* **What to do**:
Every line that contains "placed" must be located and copied from the data.

* **Record extracts**:

-- ===== src/Kernel/PageTable/Walk.antt =====
-- The iterator of pset4/k-vmiter.cc keeps its place: a move from one address to another arrives where
-- a walk from the top of the page table does.
use native.Mathlib.Nat.{mul-mod_left, div-div-eq-div-mul, mod-lt, pow-suc}
use Prim.Native.Nat.{bit_and}
use mathlib.Core.Path.{subst}
use cs61_f18_psets.Base.{
  ℕ, zero, suc, ◌+◌, ◌-◌, ◌*◌, ◌/◌, ◌%◌, ◌^◌, ◌≤◌, ◌<◌, ◌≡◌, true, false, ◌==◌, ==_iff, inl, inr,
  Bool-cases, refl, ap, sym, ◌∙◌, arith,
}
use cs61_f18_psets.Kernel.PageTable.{
  Vmiter, above, pageindex, entry_at, is_table, pa_bits, initial_perm, down_loop, down, real_find,
  vmiter,
}

-- An index has nine bits.
nine_more : (d : ℕ) → 2 ^ (d + 9) ≡ 2 ^ d * 512
nine_more d =
    let two = λ (k : ℕ). pow-suc 2 (d + k) in
    let next =
      λ (k : ℕ). let e : d + suc k ≡ suc (d + k) = omega arith in ap (λ m. 2 ^ m) e ∙ two k in
    let none_more : d + 0 ≡ d = omega arith in
    omega (
      arith,
      ap (λ m. 2 ^ m) none_more,
      next 0,
      next 1,
      next 2,
      next 3,
      next 4,
      next 5,
      next 6,
      next 7,
      next 8,
    )

above-suc : (va n : ℕ) → above va (suc n) ≡ above va n / 512
above-suc va n =
    let wider : 2 ^ (12 + 9 * suc n) ≡ 2 ^ (12 + 9 * n) * 512 =
      let e : 12 + 9 * suc n ≡ 12 + 9 * n + 9 = omega arith in
      ap (λ k. 2 ^ k) e ∙ nine_more (12 + 9 * n) in
    ap (λ d. va / d) wider ∙ sym (div-div-eq-div-mul va (2 ^ (12 + 9 * n)) 512)

-- Addresses that agree above a level agree above the next one.
same_above : (va va' n k : ℕ) → above va n ≡ above va' n → above va (n + k) ≡ above va' (n + k)
same_above va va' n zero e =
    let at : n ≡ n + 0 = omega arith in subst (λ m. above va m ≡ above va' m) at e
same_above va va' n (suc k) e =
    let at : suc (n + k) ≡ n + suc k = omega arith in
    subst (λ m. above va m ≡ above va' m) at
      (above-suc va (n + k)
        ∙ ap (λ a. a / 512) (same_above va va' n k e)
        ∙ sym (above-suc va' (n + k)))

pub pageindex-lt : (va n : ℕ) → pageindex va n < 512
unfolding pageindex
pageindex-lt va n = mod-lt (above va n) (omega arith)

pa_bits-aligned : (e : ℕ) → pa_bits e % 4096 ≡ 0
unfolding pa_bits
pa_bits-aligned e = mul-mod_left (e / 4096 % 2 ^ 39) 4096

same_index :
    (va va' n level : ℕ)
    → n ≤ level
    → above va (n + 1) ≡ above va' (n + 1)
    → pageindex va (suc level) ≡ pageindex va' (suc level)
unfolding pageindex
same_index va va' n level le e =
    let at : n + 1 + (level - n) ≡ suc level = omega arith in
    ap (λ a. a % 512)
      (subst (λ m. above va m ≡ above va' m) at (same_above va va' (n + 1) (level - n) e))

-- `pep_ += pageindex(va, level_) - curidx` stays in the table.
entry_moved :
    (base i j : ℕ)
    → base % 4096 ≡ 0
    → i < 512
    → entry_at base i + 8 * j - 8 * (entry_at base i % 4096 / 8) ≡ entry_at base j
entry_moved base i j aligned lt = omega arith

module _ (entries : ℕ → ℕ) where
  -- The walk does not climb.
  down_loop-le : (va level pep perm_bits : ℕ) → (down_loop entries va level pep perm_bits).1 ≤ level
  unfolding down_loop
  down_loop-le va zero pep perm_bits = omega arith
  down_loop-le va (suc level) pep perm_bits = elim (Bool-cases (is_table (entries pep))) [
    | inl z ↦ rw z (
        omega (
          arith,
          down_loop-le va level (entry_at (pa_bits (entries pep)) (pageindex va level))
              (bit_and perm_bits (entries pep)),
        ))
    | inr z ↦ rw z (omega arith)
  ]

  pub down_loop-zero :
      (va pep perm_bits : ℕ) → down_loop entries va zero pep perm_bits ≡ (pep, zero, perm_bits)
  unfolding down_loop
  down_loop-zero va pep perm_bits = refl

  pub down_loop-table :
      (va level pep perm_bits : ℕ)
      → is_table (entries pep) ≡ true
      → down_loop entries va (suc level) pep perm_bits
        ≡ down_loop entries va level
            (entry_at (pa_bits (entries pep)) (pageindex va level))
            (bit_and perm_bits (entries pep))
  unfolding down_loop
  down_loop-table va level pep perm_bits z = rw z refl

  pub down_loop-stays :
      (va level pep perm_bits : ℕ)
      → is_table (entries pep) ≡ false
      → down_loop entries va (suc level) pep perm_bits ≡ (pep, suc level, perm_bits)
  unfolding down_loop
  down_loop-stays va level pep perm_bits z = rw z refl

  -- Where the walk to `va` ended in a table that `va'` shares, the walk to `va'` goes on to `target`.
  abbrev Resumes : ℕ → ℕ → ℕ × ℕ × ℕ → ℕ × ℕ × ℕ → Type 0
  Resumes va va' r target =
      above va (r.1 + 1) ≡ above va' (r.1 + 1)
      → down_loop entries va' r.1 (r.0 + 8 * pageindex va' r.1 - 8 * (r.0 % 4096 / 8)) r.2 ≡ target

  resume_here :
      (va va' level base perm_bits : ℕ)
      → base % 4096 ≡ 0
      → down_loop entries va level (entry_at base (pageindex va level)) perm_bits
        ≡ (entry_at base (pageindex va level), level, perm_bits)
      → Resumes va va'
          (down_loop entries va level (entry_at base (pageindex va level)) perm_bits)
          (down_loop entries va' level (entry_at base (pageindex va' level)) perm_bits)
  resume_here va va' level base perm_bits aligned e =
      subst
        (λ r.
          Resumes va va' r
            (down_loop entries va' level (entry_at base (pageindex va' level)) perm_bits))
        (sym e)
        (λ h.
          ap (λ pep. down_loop entries va' level pep perm_bits)
            (entry_moved base (pageindex va level) (pageindex va' level) aligned
              (pageindex-lt va level)))

  down_loop-resume :
      (va va' level base perm_bits : ℕ)
      → base % 4096 ≡ 0
      → Resumes va va'
          (down_loop entries va level (entry_at base (pageindex va level)) perm_bits)
          (down_loop entries va' level (entry_at base (pageindex va' level)) perm_bits)
  down_loop-resume va va' zero base perm_bits aligned =
      resume_here va va' zero base perm_bits aligned (down_loop-zero va _ perm_bits)
  down_loop-resume va va' (suc level) base perm_bits aligned =
      let pep = entry_at base (pageindex va (suc level)) in
      elim (Bool-cases (is_table (entries pep))) [
        | inl z ↦
            let e = entries pep in
            let perm' = bit_and perm_bits e in
            let r = down_loop entries va level (entry_at (pa_bits e) (pageindex va level)) perm' in
            let low : r.1 ≤ level =
              down_loop-le va level (entry_at (pa_bits e) (pageindex va level)) perm' in
            subst
              (λ w. Resumes va va' w (
                down_loop entries va' (suc level) (entry_at base (pageindex va' (suc level)))
                  perm_bits))
              (sym (down_loop-table va level pep perm_bits z))
              (λ h.
                down_loop-resume va va' level (pa_bits e) perm' (pa_bits-aligned e) h
                ∙ sym (down_loop-table va' level pep perm_bits z)
                ∙ ap (λ i. down_loop entries va' (suc level) (entry_at base i) perm_bits)
                    (same_index va va' r.1 level low h))
        | inr z ↦
            resume_here va va' (suc level) base perm_bits aligned
              (down_loop-stays va level pep perm_bits z)
      ]

  -- An iterator at the top of the table.
  abbrev top : ℕ → ℕ → Vmiter
  top pt va = record {
    pt = pt;
    pep = entry_at pt (pageindex va 3);
    level = 3;
    perm_bits = initial_perm;
    va = va;
  }

  abbrev placed : ℕ → ℕ → ℕ × ℕ × ℕ → Vmiter
  placed pt va r = record { pt = pt; pep = r.0; level = r.1; perm_bits = r.2; va = va }

  down-top :
      (pt va : ℕ)
      → down entries (top pt va)
        ≡ placed pt va (down_loop entries va 3 (entry_at pt (pageindex va 3)) initial_perm)
  unfolding down
  down-top pt va = refl

  first_entry :
      (pt i : ℕ)
      → pt % 4096 ≡ 0
      → entry_at pt 0 + 8 * i - 8 * (entry_at pt 0 % 4096 / 8) ≡ entry_at pt i
  first_entry pt i aligned = omega arith

  -- The constructor walks from the top.
  vmiter-top : (pt va : ℕ) → pt % 4096 ≡ 0 → vmiter entries pt va ≡ down entries (top pt va)
  unfolding vmiter real_find
  vmiter-top pt va aligned = elim (Bool-cases (above 0 4 == above va 4)) [
    | inl z ↦ rw z (
        ap (λ (pep : ℕ). down entries (record (top pt va) { pep = pep }))
          (first_entry pt (pageindex va 3) aligned))
    | inr z ↦ rw z refl
  ]

  find-placed :
      (pt va va' pep level perm_bits : ℕ)
      → Resumes va va'
          (pep, level, perm_bits)
          (down_loop entries va' 3 (entry_at pt (pageindex va' 3)) initial_perm)
      → real_find entries va' (placed pt va (pep, level, perm_bits)) ≡ down entries (top pt va')
  unfolding real_find down
  find-placed pt va va' pep level perm_bits resumes =
      elim (Bool-cases (above va (level + 1) == above va' (level + 1))) [
        | inl z ↦ rw z (ap (placed pt va') (resumes ((==_iff _ _).0 z)))
        | inr z ↦ rw z refl
      ]

  -- In a page-aligned table, `find` moves an iterator from `va` to `va'` as if it were made for `va'`:
  -- the entry, the level and the permissions are those of a walk from the top.
  pub real_find_lem :
      (pt va va' : ℕ)
      → pt % 4096 ≡ 0
      → real_find entries va' (vmiter entries pt va) ≡ vmiter entries pt va'
  real_find_lem pt va va' aligned =
      ap (real_find entries va') (vmiter-top pt va aligned ∙ down-top pt va)
      ∙ find-placed pt va va' _ _ _ (down_loop-resume va va' 3 pt initial_perm aligned)
      ∙ sym (vmiter-top pt va' aligned)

* **Task response**:
  abbrev placed : ℕ → ℕ → ℕ × ℕ × ℕ → Vmiter
  placed pt va r = record { pt = pt; pep = r.0; level = r.1; perm_bits = r.2; va = va }
        ≡ placed pt va (down_loop entries va 3 (entry_at pt (pageindex va 3)) initial_perm)
  find-placed :
      → real_find entries va' (placed pt va (pep, level, perm_bits)) ≡ down entries (top pt va')
  find-placed pt va va' pep level perm_bits resumes =
        | inl z ↦ rw z (ap (placed pt va') (resumes ((==_iff _ _).0 z)))
      ∙ find-placed pt va va' _ _ _ (down_loop-resume va va' 3 pt initial_perm aligned)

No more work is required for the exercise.